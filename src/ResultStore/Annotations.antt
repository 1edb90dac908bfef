-- ===== src/ResultStore/Annotations.antt =====
-- What `GetStoredResult` returns.
use semvi_btp.Common.{◌≡◌, ap, String, some, [], ◌∷◌, returns, ok, arith, eq_iff}
use semvi_btp.Common.GoMap.{
  GoMap, nil_map, made, get, lookup, insert, lookup-insert, IsMade, Values-lookup,
}
use semvi_btp.Common.Int.{ℤ}
use semvi_btp.ResultStore.Annotation
use semvi_btp.ResultStore.Defs.{Key, Result, Store, new_key}
use semvi_btp.ResultStore.Safety.{IsFine, IsSound}
use semvi_btp.ResultStore.Writes.{view}
use semvi_btp.ResultStore.Stored.{
  Payload, texts, text_lists, nested, fill_all, get_stored_result, add_pre_filter_result_to_map,
  add_permit_result_to_map, add_filter_result_to_map, add_post_filter_result_to_map,
  add_pre_score_result_to_map, add_score_result_to_map, add_final_score_result_to_map,
  add_reserve_result_to_map, add_pre_bind_result_to_map, add_bind_result_to_map,
}
use semvi_btp.ResultStore.Fills.{
  annotations, absent_all, lookup-absent_all_nil, Fills, made_if_nil_lem, Fills-then, MadeOf-IsMade,
  fill_json-Fills, customs-Fills, selected-Fills,
}

module _ (text : Payload → String) (r : Result) (f : IsFine r) where
  pre_filter-Fills :
      Fills
        ((Annotation.pre_filter_key, text (text_lists r.pre_filter_result))
          ∷ (Annotation.pre_filter_status_key, text (texts r.pre_filter_status))
          ∷ [])
        (add_pre_filter_result_to_map (λ p. ok (text p)))
        r
  unfolding add_pre_filter_result_to_map
  pre_filter-Fills =
      Fills-then ((Annotation.pre_filter_key, text (text_lists r.pre_filter_result)) ∷ [])
        ((Annotation.pre_filter_status_key, text (texts r.pre_filter_status)) ∷ []) _ _ r
        (fill_json-Fills text Annotation.pre_filter_key _ _ (λ r. text_lists r.pre_filter_result) r
          (ap (λ m. record r { pre_filter_result = m })
            (made_if_nil_lem r.pre_filter_result f.pre_filter_result)))
        (fill_json-Fills text Annotation.pre_filter_status_key _ _ (λ r. texts r.pre_filter_status)
          r
          (ap (λ m. record r { pre_filter_status = m })
            (made_if_nil_lem r.pre_filter_status f.pre_filter_status)))

  permit-Fills :
      Fills
        ((Annotation.permit_timeout_key, text (texts r.permit_timeout))
          ∷ (Annotation.permit_status_key, text (texts r.permit))
          ∷ [])
        (add_permit_result_to_map (λ p. ok (text p)))
        r
  unfolding add_permit_result_to_map
  permit-Fills =
      Fills-then ((Annotation.permit_timeout_key, text (texts r.permit_timeout)) ∷ [])
        ((Annotation.permit_status_key, text (texts r.permit)) ∷ []) _ _ r
        (fill_json-Fills text Annotation.permit_timeout_key _ _ (λ r. texts r.permit_timeout) r
          (ap (λ m. record r { permit_timeout = m })
            (made_if_nil_lem r.permit_timeout f.permit_timeout)))
        (fill_json-Fills text Annotation.permit_status_key _ _ (λ r. texts r.permit) r
          (ap (λ m. record r { permit = m }) (made_if_nil_lem r.permit f.permit)))

  filter-Fills :
      Fills
        ((Annotation.filter_key, text (nested r.filter)) ∷ [])
        (add_filter_result_to_map (λ p. ok (text p)))
        r
  unfolding add_filter_result_to_map
  filter-Fills =
      fill_json-Fills text Annotation.filter_key _ _ (λ r. nested r.filter) r
        (ap (λ m. record r { filter = m })
          (made_if_nil_lem r.filter (MadeOf-IsMade IsMade r.filter f.filter)))

  post_filter-Fills :
      Fills
        ((Annotation.post_filter_key, text (nested r.post_filter)) ∷ [])
        (add_post_filter_result_to_map (λ p. ok (text p)))
        r
  unfolding add_post_filter_result_to_map
  post_filter-Fills =
      fill_json-Fills text Annotation.post_filter_key _ _ (λ r. nested r.post_filter) r
        (ap (λ m. record r { post_filter = m })
          (made_if_nil_lem r.post_filter (MadeOf-IsMade IsMade r.post_filter f.post_filter)))

  pre_score-Fills :
      Fills
        ((Annotation.pre_score_key, text (texts r.pre_score)) ∷ [])
        (add_pre_score_result_to_map (λ p. ok (text p)))
        r
  unfolding add_pre_score_result_to_map
  pre_score-Fills =
      fill_json-Fills text Annotation.pre_score_key _ _ (λ r. texts r.pre_score) r
        (ap (λ m. record r { pre_score = m }) (made_if_nil_lem r.pre_score f.pre_score))

  score-Fills :
      Fills
        ((Annotation.score_key, text (nested r.score)) ∷ [])
        (add_score_result_to_map (λ p. ok (text p)))
        r
  unfolding add_score_result_to_map
  score-Fills =
      fill_json-Fills text Annotation.score_key _ _ (λ r. nested r.score) r
        (ap (λ m. record r { score = m })
          (made_if_nil_lem r.score (MadeOf-IsMade IsMade r.score f.score)))

  final_score-Fills :
      Fills
        ((Annotation.final_score_key, text (nested r.final_score)) ∷ [])
        (add_final_score_result_to_map (λ p. ok (text p)))
        r
  unfolding add_final_score_result_to_map
  final_score-Fills =
      fill_json-Fills text Annotation.final_score_key _ _ (λ r. nested r.final_score) r
        (ap (λ m. record r { final_score = m })
          (made_if_nil_lem r.final_score (MadeOf-IsMade IsMade r.final_score f.final_score)))

  reserve-Fills :
      Fills
        ((Annotation.reserve_key, text (texts r.reserve)) ∷ [])
        (add_reserve_result_to_map (λ p. ok (text p)))
        r
  unfolding add_reserve_result_to_map
  reserve-Fills =
      fill_json-Fills text Annotation.reserve_key _ _ (λ r. texts r.reserve) r
        (ap (λ m. record r { reserve = m }) (made_if_nil_lem r.reserve f.reserve))

  pre_bind-Fills :
      Fills
        ((Annotation.pre_bind_key, text (texts r.prebind)) ∷ [])
        (add_pre_bind_result_to_map (λ p. ok (text p)))
        r
  unfolding add_pre_bind_result_to_map
  pre_bind-Fills =
      fill_json-Fills text Annotation.pre_bind_key _ _ (λ r. texts r.prebind) r
        (ap (λ m. record r { prebind = m }) (made_if_nil_lem r.prebind f.prebind))

  bind-Fills :
      Fills
        ((Annotation.bind_key, text (texts r.bind)) ∷ [])
        (add_bind_result_to_map (λ p. ok (text p)))
        r
  unfolding add_bind_result_to_map
  bind-Fills =
      fill_json-Fills text Annotation.bind_key _ _ (λ r. texts r.bind) r
        (ap (λ m. record r { bind = m }) (made_if_nil_lem r.bind f.bind))

  -- The chain of all methods.
  fill_all-Fills : Fills (annotations text r) (fill_all (λ p. ok (text p))) r
  unfolding fill_all
  fill_all-Fills = Fills-then _ _ _ _ r pre_filter-Fills (
      Fills-then _ _ _ _ r filter-Fills (
        Fills-then _ _ _ _ r post_filter-Fills (
          Fills-then _ _ _ _ r pre_score-Fills (
            Fills-then _ _ _ _ r score-Fills (
              Fills-then _ _ _ _ r final_score-Fills (
                Fills-then _ _ _ _ r reserve-Fills (
                  Fills-then _ _ _ _ r permit-Fills (
                    Fills-then _ _ _ _ r pre_bind-Fills (
                      Fills-then _ _ _ _ r bind-Fills
                        (Fills-then _ _ _ _ r (customs-Fills r) (selected-Fills r)))))))))))

stored_made :
    (text : Payload → String) (ns name : String) (w : GoMap ℤ) (m : GoMap Result) (r : Result)
    → let s : Store = record { results = m; score_plugin_weight = w } in
      IsSound s
      → view s (new_key ns name) ≡ some r
      → (anno : GoMap String) × (t : Store) × (get_stored_result (λ p. ok (text p)) ns name s
          ≡ returns (anno, t))
        × ((k : String) → get anno k ≡ lookup k (annotations text r))
        × ((j : Key) → view t j ≡ view s j)
stored_made text ns name w nil_map r h e = absurd h
stored_made text ns name w (made l) r h e =
    let k = new_key ns name in
    let fills = (fill_all-Fills text r (Values-lookup IsFine k l h e)).at [] in
    (
      made (absent_all (annotations text r) []),
      record { results = made (insert k r l); score_plugin_weight = w },
      unfold get_stored_result in rw e (rw fills),
      λ j. lookup-absent_all_nil j (annotations text r),
      λ j. rw (lookup-insert k j r l) (ground (arith, eq_iff k j)),
    )

-- The annotations of a pod that has a result: at every key, the first text of `annotations` there.
-- So the marshalled fields stand under their own keys whatever the custom results are, a custom
-- result stands under its key if no field does, and the selected node if no custom result does.
-- The store is left with the same results. Marshalling is assumed not to fail here.
pub get-get_stored_result :
    (text : Payload → String) (ns name : String) (s : Store) (r : Result)
    → IsSound s
    → view s (new_key ns name) ≡ some r
    → (anno : GoMap String) × (t : Store) × (get_stored_result (λ p. ok (text p)) ns name s
        ≡ returns (anno, t))
      × ((k : String) → get anno k ≡ lookup k (annotations text r))
      × ((j : Key) → view t j ≡ view s j)
get-get_stored_result text ns name s r h e =
    stored_made text ns name s.score_plugin_weight s.results r h e
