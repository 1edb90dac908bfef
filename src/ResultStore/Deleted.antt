-- ===== src/ResultStore/Deleted.antt =====
-- Reads of a pod after DeleteData.
use semvi_btp.Common.{◌≡◌, refl, String, returns, Try, eq_refl}
use semvi_btp.Common.GoMap.{GoMap, nil_map, made, lookup, lookup-without}
use semvi_btp.Common.Int.{ℤ}
use semvi_btp.ResultStore.Defs.{Result, Store, new_key}
use semvi_btp.ResultStore.Calls.{delete_data}
use semvi_btp.ResultStore.Stored.{Payload, get_stored_result}

deleted :
    (marshal : Payload → Try String String) (ns name : String) (w : GoMap ℤ) (m : GoMap Result)
    → let s : Store = record { results = m; score_plugin_weight = w } in
      let t = delete_data ns name s in get_stored_result marshal ns name t ≡ returns (nil_map, t)
unfolding get_stored_result delete_data
deleted marshal ns name w nil_map = unfold lookup in refl
deleted marshal ns name w (made l) =
    rw (lookup-without (new_key ns name) (new_key ns name) l) (rw (eq_refl (new_key ns name)) refl)

-- After DeleteData of a pod GetStoredResult of the pod finds no annotations and changes nothing,
-- whatever marshalling does.
pub get_stored_result-delete_data :
    (marshal : Payload → Try String String) (ns name : String) (s : Store)
    → get_stored_result marshal ns name (delete_data ns name s)
      ≡ returns (nil_map, delete_data ns name s)
get_stored_result-delete_data marshal ns name s =
    deleted marshal ns name s.score_plugin_weight s.results
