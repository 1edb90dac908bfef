-- ===== src/ResultStore/Keys.antt =====
-- Pods have different keys, so their results are kept apart.
use semvi_btp.Common.{◌≡◌, ◌≢◌, refl, ap, sym, ◌∙◌}
use Prim.Native.String.{String, [], ◌∷◌, ◌++◌}
use Prim.Native.Char.{Char}
use text.Mathlib.TextLemmas.{nil-append, cons-append, head-eq_of_cons-eq, tail-eq_of_cons-eq}
use semvi_btp.ResultStore.Defs.{new_key}

abbrev pub slash : Char
slash = "/"

-- The text has no slash, as the name of a namespace has none.
abbrev pub NoSlash : String → Type 0
NoSlash [] = Unit
NoSlash (c ∷ s) = (c ≢ slash) × NoSlash s

nil_key : (pod : String) → ([] ++ "/") ++ pod ≡ slash ∷ pod
nil_key pod =
    ap (λ x. x ++ pod) (nil-append "/")
    ∙ cons-append slash [] pod
    ∙ ap (λ x. slash ∷ x) (nil-append pod)

cons_key : (c : Char) (s pod : String) → ((c ∷ s) ++ "/") ++ pod ≡ c ∷ ((s ++ "/") ++ pod)
cons_key c s pod = ap (λ x. x ++ pod) (cons-append c s "/") ∙ cons-append c (s ++ "/") pod

key_parts :
    (n m p q : String)
    → NoSlash n
    → NoSlash m
    → (n ++ "/") ++ p ≡ (m ++ "/") ++ q
    → (n ≡ m) × (p ≡ q)
key_parts [] [] p q h g e = (refl, tail-eq_of_cons-eq (sym (nil_key p) ∙ e ∙ nil_key q))
key_parts [] (c ∷ m) p q h g e =
    absurd (g.0 (sym (head-eq_of_cons-eq (sym (nil_key p) ∙ e ∙ cons_key c m q))))
key_parts (c ∷ n) [] p q h g e =
    absurd (h.0 (head-eq_of_cons-eq (sym (cons_key c n p) ∙ e ∙ nil_key q)))
key_parts (c ∷ n) (d ∷ m) p q h g e =
    let same = sym (cons_key c n p) ∙ e ∙ cons_key d m q in
    let (rest, pods) = key_parts n m p q h.1 g.1 (tail-eq_of_cons-eq same) in
    (ap (λ (x : Char × String). x.0 ∷ x.1) (λ i. (head-eq_of_cons-eq same i, rest i)), pods)

-- Two pods with one key have the same namespace and the same name, if the namespaces have no slash.
pub new_key-injective :
    (namespace other_namespace pod other_pod : String)
    → NoSlash namespace
    → NoSlash other_namespace
    → new_key namespace pod ≡ new_key other_namespace other_pod
    → (namespace ≡ other_namespace) × (pod ≡ other_pod)
unfolding new_key
new_key-injective namespace other_namespace pod other_pod h g e =
    key_parts namespace other_namespace pod other_pod h g e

──────────────────────────────

### How to complete this task
Pick from the records each line that contains the word "rest" and show it.

### Solution
    let (rest, pods) = key_parts n m p q h.1 g.1 (tail-eq_of_cons-eq same) in
    (ap (λ (x : Char × String). x.0 ∷ x.1) (λ i. (head-eq_of_cons-eq same i, rest i)), pods)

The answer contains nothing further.